In de tobbe, dan maar. Een van mijn vele gemalinnen schrobt het noeste zweet van mijn rug en vraagt me of we vanavond. Vanvond niet, zeg ik dan.
De vrouw van onder mijn arm zit een tobbe verderop. Dat wordt nog leuk. Maar nu even niet. Of toch maar wel. Want ze kirt nog steeds en ik hoor haar door de muren heen. Nu dan, droog me af want er is werk aan de winkel!
Naar het vertrek waarin ik slaap. Als het nacht is. Maar het is nog geen nacht. Komt dat even mooi uit. Een fijne dame zit op mijn bed.

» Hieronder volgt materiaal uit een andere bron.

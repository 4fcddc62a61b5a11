-- ===== src/Dll/Exchange.antt =====
-- fish_11_dll/src/dll_interface/fish11_exchangekey.rs: FiSH11_ExchangeKey, which begins an exchange of
-- keys with a nickname and answers the public key to send. The clock, the network and the file are
-- given by a `Call`.
pub mod Token
use fish.Common.{
  ℕ, Bool, true, false, not, ◌&&◌, ◌||◌, ◌==◌, List, [], ◌∷◌, ◌++◌, Option, none, some, Bytes,
  codes, if◌then◌else◌, length, take, drop, leb, trim, starts_with, to_lowercase, replicate,
  same_list, bit_and,
}
use fish.Env.{Env}
use fish.Errors.{Result, ok, err, FishError, DllError}
use fish.Config.Models.{Key, KeyPair}
use fish.Config.Access.{
  M, ◌>>=◌, ◌>>◌, ret, pure, lift, require, expect, attempt, into_dll, with_config_mut,
}
use fish.Config.Access.Counters.{increment_key_exchange_counter}
use fish.Config.Keys.{get_key, set_key}
use fish.Config.Manual.{get_keypair, store_keypair, fresh_keypair}
use fish.Crypto.X25519.{prefix, format_public_key}
use fish.Utils.{normalize_nick, normalize_target}

-- The three checks of the time.
pub data Stage : Type 0 where
  before_key_check before_keypair_generation before_keypair_validation : Stage

-- What a call finds: `is_socket_connected`, whether `KEY_EXCHANGE_TIMEOUT_SECONDS` have passed at a
-- check, the 32 bytes of OsRng, none where it panics, and what `save_config` answers.
pub record Call : Type 0 where
  pub connected : Bool
  pub late : Stage → Bool
  pub random_key : Option Key
  pub saved : Result (Unit {0}) FishError

-- `key[31] & 0x80 != 0`.
abbrev has_top_bit : Bytes → Bool
has_top_bit key = elim (drop 31 key) [ [] ↦ false | c ∷ s ↦ not (bit_and c 0x80 == 0) ]

unfoldable pub validate_keypair : KeyPair → Result (Unit {0}) DllError
validate_keypair keypair =
    if same_list keypair.public_key (replicate 32 0)
    then err DllError.key_invalid
    else if same_list keypair.private_key (replicate 32 0)
    then err DllError.key_invalid
    else if has_top_bit keypair.public_key
    then err DllError.key_invalid
    else ok tt

-- The nickname that an input names.
unfoldable pub nickname_of : Bytes → Bytes
unfolding normalize_nick normalize_target
nickname_of input = normalize_nick (normalize_target (trim input))

-- `CONFIG.write()` for the copy that is saved behind the lock.
abbrev pub take_snapshot : M FishError (Unit {0})
take_snapshot = with_config_mut (λ _ config. (ret tt, config))

module _ (env : Env) (call : Call) where
  abbrev pub check_timeout : Stage → M DllError (Unit {0})
  check_timeout stage = require (not (call.late stage)) DllError.timeout

  -- Whether a key was generated.
  unfoldable pub ensure_key_exists : Bytes → M DllError Bool
  unfolding get_key set_key
  ensure_key_exists nickname = do
    existing_key ← attempt {E = DllError} (get_key env nickname none)
    elim existing_key [
      | some key ↦ pure false
      | none ↦ do
        key_bytes ← expect call.random_key DllError.rng_failed
        into_dll (set_key env nickname key_bytes none true true)
        pure true
    ]

  -- With whether the pair was generated here.
  unfoldable pub get_or_generate_keypair_internal : M DllError (KeyPair × Bool)
  unfolding get_keypair store_keypair
  get_or_generate_keypair_internal = do
    existing_keypair ← attempt {E = DllError} (get_keypair env)
    elim existing_keypair [
      | some keypair ↦ pure (keypair, false)
      | none ↦ do into_dll (store_keypair env (fresh_keypair env)); pure (fresh_keypair env, true)
    ]

  unfoldable pub save_if : Bool → M DllError (Unit {0})
  unfolding with_config_mut
  save_if false = pure tt
  save_if true = into_dll (do take_snapshot; lift call.saved)

  unfoldable pub exchange_key : Bytes → M DllError Bytes
  unfolding nickname_of ensure_key_exists get_or_generate_keypair_internal validate_keypair
      format_public_key save_if increment_key_exchange_counter
  exchange_key input = do
    require (not (length (nickname_of input) == 0)) DllError.missing_parameter
    check_timeout before_key_check
    require call.connected DllError.not_connected
    key_was_generated ← ensure_key_exists (nickname_of input)
    check_timeout before_keypair_generation
    (keypair, keypair_was_generated) ← get_or_generate_keypair_internal
    check_timeout before_keypair_validation
    lift (validate_keypair keypair)
    require (starts_with prefix (format_public_key env keypair.public_key)) DllError.key_invalid
    save_if (key_was_generated || keypair_was_generated)
    increment_key_exchange_counter
    pure (format_public_key env keypair.public_key)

Ze heeft haar kleren weer aangetrokken. Sta ik daar. En ik sta goed. Na een prettige reeks van hartstochtelijke kussen en gewrijf met de handen, begint dan toch de nacht. De nacht waarin we elkaar beminnen, als was het voor ons allebei de eerste keer. De vogels zijn eerder wakker dan wij moe, en ik geloof werkelijk dat het doden van de draak, een aantal uren alweer geleden, me ditmaal de vrouw van mijn leven heeft gebracht. En sinds lange tijd val ik, het is waarachtig, naakt en onbeschaamd, tegen (met in mijn armen), haar in slaap.
Als mijn schildknaap me, zoals altijd, wakker maakt met mijn opnieuw blinkende harnas, stuur ik hem, zonder woorden weer mijn kamer uit. Er is geen plaats meer voor een harnas. Vannacht is de kamer te klein geworden voor een onversaagde drakendoder. Te klein voor mijn hart, wat tekeer gaat als ik naast me kijk. Met haar rug naar me toe, een arm onder haar kussen. Haar andere arm op mijn been. Om me, zelfs in haar slaap, maar niet los te willen laten. Mijn lippen kussen haar zwarte haren, zonder ze aan te raken. Onze deken trek ik tot net over haar schouders, over de mijne. Vandaag niet. Vandaag moet voor atlijd blijven duren. Dan lig ik weer. Tegen haar aan. En ik glimlach om de droom waarvan ik niet meer durfde hopen hem nog ooit te dromen. Maar ik ben al wakker geworden. En ze is er nog steeds. Even mooi en breekbaar. Zonder bang te zijn durf ik weer in slaap te vallen en voel haar haren tegen mijn gezicht. Zo wordt ik ook weer wakker. Zonder te hebben bewogen. Met haar haren tegen mijn gezicht. Dromen die niet ophouden als je wakker wordt. Dat zijn de mooiste.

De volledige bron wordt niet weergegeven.